More than 70% of India’s population is financially vulnerable, of which 50% is covered by government schemes when it comes to insurance and credit, while the remaining 30% remains highly underserved.

Typically, the Tier II and beyond segment has low financial literacy and is wretched due to the unavailability of relevant financial tools. Overcoming these hurdles, microfinance institutions can tap the segment with small-ticket credit tools to fulfil their planned and emergency financial needs.

Microfinance landscape

India boasts a formidable number of 232 microfinance institutions (MFIs), armed with the capability to reach the underserved for credit.

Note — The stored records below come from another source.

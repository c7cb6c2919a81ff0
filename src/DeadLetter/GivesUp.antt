-- ===== src/DeadLetter/GivesUp.antt =====
-- A record is given up after its retries.
use syndicateclaw.Base.{◌-◌}
use syndicateclaw.Base.{
  ℕ, zero, suc, ◌+◌, ◌≤◌, ◌≡◌, refl, sym, ◌∙◌, ap, Bool, true, false, some, String, ◌==◌, string_eq,
  eq_iff, Bool-cases, inl, inr, ◌⊎◌, arith, leb, List, [], ◌∷◌, In, In-keep, In-keep_of, keep,
}
use syndicateclaw.Storage.{Sessions}
use syndicateclaw.DeadLetter.Queue.{
  DeadLetter, World, is_eligible, retry_row, retry_rows, retry_all,
}
use syndicateclaw.DeadLetter.Exhaustion.{
  Refuses, GivenUp, Waiting, row_other, row_exhausted, row_retried,
}

module _ {P A : Type 0} (S : Sessions (DeadLetter P) (λ r. r.id))
    (emits : P → World S A → Bool × World S A) where
  -- `retry_all` at the times of a clock, `n` times
  unfoldable pub runs : (ℕ → ℕ) → ℕ → World S A → World S A
  runs clock zero w = w
  runs clock (suc n) w = runs (λ i. clock (suc i)) n (retry_all S emits (clock 0) w).1

  module _ (refuses : Refuses S emits) (k : String) where
    -- the records under `k` of a list are all `r`
    abbrev Only : DeadLetter P → List (DeadLetter P) → Type 0
    Only r recs = (x : DeadLetter P) → In x recs → (x.id == k) ≡ true → x ≡ r

    rest-Only : (r x : DeadLetter P) (recs : List (DeadLetter P)) → Only r (x ∷ recs) → Only r recs
    rest-Only r x recs o y m = o y (inr m)

    fewer : {m c : ℕ} {d : S.Db} → Waiting S emits k m (suc c) d → Waiting S emits k m c d
    fewer h = record {
      row = h.row;
      stored = h.stored;
      eligible = h.eligible;
      limit = h.limit;
      count = omega (arith, h.count);
    }

    module _ (now : ℕ) (r : DeadLetter P) (named : (r.id == k) ≡ true) where
      rows_exhausted :
          leb r.max_retries r.retry_count ≡ true
          → (recs : List (DeadLetter P)) (w : World S A) → Only r recs
          → (In r recs × ((x : DeadLetter P) × (S.get k w.db ≡ some x))) ⊎ GivenUp S emits k w.db
          → GivenUp S emits k (retry_rows S emits now recs w).1.db
      unfolding retry_rows
      rows_exhausted full [] w o (inl (m, _)) = elim m [ ]
      rows_exhausted full [] w o (inr g) = g
      rows_exhausted full (x ∷ recs) w o h = elim (Bool-cases (x.id == k)) [
        | inl t ↦
            let same : x ≡ r = o x (inl refl) t in
            let full' : leb x.max_retries x.retry_count ≡ true = rw same full in
            let now_given : GivenUp S emits k (retry_row S emits now x w).1.db = elim h [
              | inl (m, (y, e)) ↦ row_exhausted S emits refuses now k x w {r = y} t full' e
              | inr g ↦ row_exhausted S emits refuses now k x w {r = g.row} t full' g.stored
            ] in
            rows_exhausted full recs (retry_row S emits now x w).1 (rest-Only r x recs o)
              (inr now_given)
        | inr f ↦
            let kept = row_other S emits refuses now k x w f in
            rows_exhausted full recs (retry_row S emits now x w).1 (rest-Only r x recs o) (elim h [
              | inl (inl e, _) ↦ let t' : (x.id == k) ≡ true = rw e named in ground arith
              | inl (inr m, (y, e)) ↦ inl (m, (y, kept ∙ e))
              | inr g ↦ inr (record { row = g.row; stored = kept ∙ g.stored; failed = g.failed })
            ])
      ]

      rows_retried :
          leb r.max_retries r.retry_count ≡ false
          → (recs : List (DeadLetter P)) (w : World S A) (m c : ℕ) → Only r recs
          → Waiting S emits k m c w.db
          → Waiting S emits k m c (retry_rows S emits now recs w).1.db
            × (In r recs → Waiting S emits k m (suc c) (retry_rows S emits now recs w).1.db)
      unfolding retry_rows
      rows_retried left [] w m c o h = (h, λ i. elim i [ ])
      rows_retried left (x ∷ recs) w m c o h = elim (Bool-cases (x.id == k)) [
        | inl t ↦
            let same : x ≡ r = o x (inl refl) t in
            let left' : leb x.max_retries x.retry_count ≡ false = rw same left in
            let next = row_retried S emits refuses now k x w m c t left' h in
            let (done, _) =
              rows_retried left recs (retry_row S emits now x w).1 m (suc c) (rest-Only r x recs o)
                next in
            (fewer done, λ i. done)
        | inr f ↦
            let kept = row_other S emits refuses now k x w f in
            let same : Waiting S emits k m c (retry_row S emits now x w).1.db = record {
              row = h.row;
              stored = kept ∙ h.stored;
              eligible = h.eligible;
              limit = h.limit;
              count = h.count;
            } in
            let (first, second) =
              rows_retried left recs (retry_row S emits now x w).1 m c (rest-Only r x recs o)
                same in
            (
              first,
              λ i. elim i [
                | inl e ↦ let t' : (x.id == k) ≡ true = rw e named in ground arith
                | inr j ↦ second j
              ],
            )
      ]

    selected : (d : S.Db) → List (DeadLetter P)
    selected d = keep is_eligible (S.rows d)

    selected-Only : (d : S.Db) (r : DeadLetter P) → S.get k d ≡ some r → Only r (selected d)
    unfolding selected
    selected-Only d r e x m t =
        let (held, _) = In-keep is_eligible x (S.rows d) m in
        let here : S.get x.id d ≡ some x = S.rows_held x d held in
        let same : x.id ≡ k = (eq_iff x.id k).0 t in
        let both : some x ≡ some r = sym here ∙ ap (λ i. S.get i d) same ∙ e in ground arith

    selected_In :
        (d : S.Db) (r : DeadLetter P)
        → S.get k d ≡ some r
        → is_eligible r ≡ true
        → In r (selected d)
    unfolding selected
    selected_In d r e t = In-keep_of is_eligible r (S.rows d) (S.rows_all k d e).0 t

    under :
        {m c : ℕ} {d : S.Db}
        → (h : Waiting S emits k m c d) → leb h.row.max_retries h.row.retry_count ≡ false
        → suc c ≤ m
    under h room = let limit = h.limit in let count = h.count in ground arith

    retry_all_step :
        (now m c : ℕ) (w : World S A)
        → Waiting S emits k m c w.db
        → GivenUp S emits k (retry_all S emits now w).1.db
          ⊎ ((suc c ≤ m) × Waiting S emits k m (suc c) (retry_all S emits now w).1.db)
    unfolding retry_all selected
    retry_all_step now m c w h =
        let named : (h.row.id == k) ≡ true = (eq_iff h.row.id k).1 (S.rows_all k w.db h.stored).1 in
        let only = selected-Only w.db h.row h.stored in
        let here = selected_In w.db h.row h.stored h.eligible in
        elim (Bool-cases (leb h.row.max_retries h.row.retry_count)) [
          | inl full ↦ inl (
              rows_exhausted now h.row named full (selected w.db) w only
                (inl (here, (h.row, h.stored))))
          | inr room ↦ inr (
            under h room,
            (rows_retried now h.row named room (selected w.db) w m c only h).1 here,
          )
        ]

    runs-GivenUp :
        (n m c : ℕ) (clock : ℕ → ℕ) (w : World S A)
        → m ≤ n + c
        → Waiting S emits k m c w.db
        → (j : ℕ) × (j ≤ suc n) × GivenUp S emits k (runs clock j w).db
    unfolding runs
    runs-GivenUp zero m c clock w le h = elim (retry_all_step (clock 0) m c w h) [
      | inl g ↦ (1, omega arith, g)
      | inr (room, next) ↦ absurd (omega arith)
    ]
    runs-GivenUp (suc n) m c clock w le h = elim (retry_all_step (clock 0) m c w h) [
      | inl g ↦ (1, omega arith, g)
      | inr (room, next) ↦
          let (j, bound, g) =
            runs-GivenUp n m (suc c) (λ i. clock (suc i)) (retry_all S emits (clock 0) w).1
              (omega arith) next in
          (suc j, omega (arith, bound), g)
    ]

    -- While the store takes no event and the queue is not attached to the audit service, a pending
    -- record with a transient error is given up, FAILED_PERMANENT, after at most one run of
    -- retry_all more than the retries that it has left.
    pub retries_end :
        (clock : ℕ → ℕ) (w : World S A) (row : DeadLetter P)
        → S.get k w.db ≡ some row
        → is_eligible row ≡ true
        → (j : ℕ) × (j ≤ suc (row.max_retries - row.retry_count))
          × GivenUp S emits k (runs clock j w).db
    retries_end clock w row e t =
        runs-GivenUp (row.max_retries - row.retry_count) row.max_retries row.retry_count clock w
          (omega arith)
          (record { row = row; stored = e; eligible = t; limit = refl; count = omega arith })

These institutions have carefully developed strong channels that smoothly combine physical and digital methods to reach out to customers. Their role extends beyond merely granting credit; they also empower the underserved segment at various stages to foster economic growth and self-sufficiency. 

While MFIs have made considerable progress in delivering financial assistance, there still exists a gap when it comes to providing another vital tool, i.e., insurance.

Insurance is not the core business of MFIs, and hence, high operating costs, manual processes, and poor claim resolution make it even harder to provide insurance at an affordable premium. This is where insurtechs are instrumental in simplifying insurance distribution for MFIs, making insurance accessible.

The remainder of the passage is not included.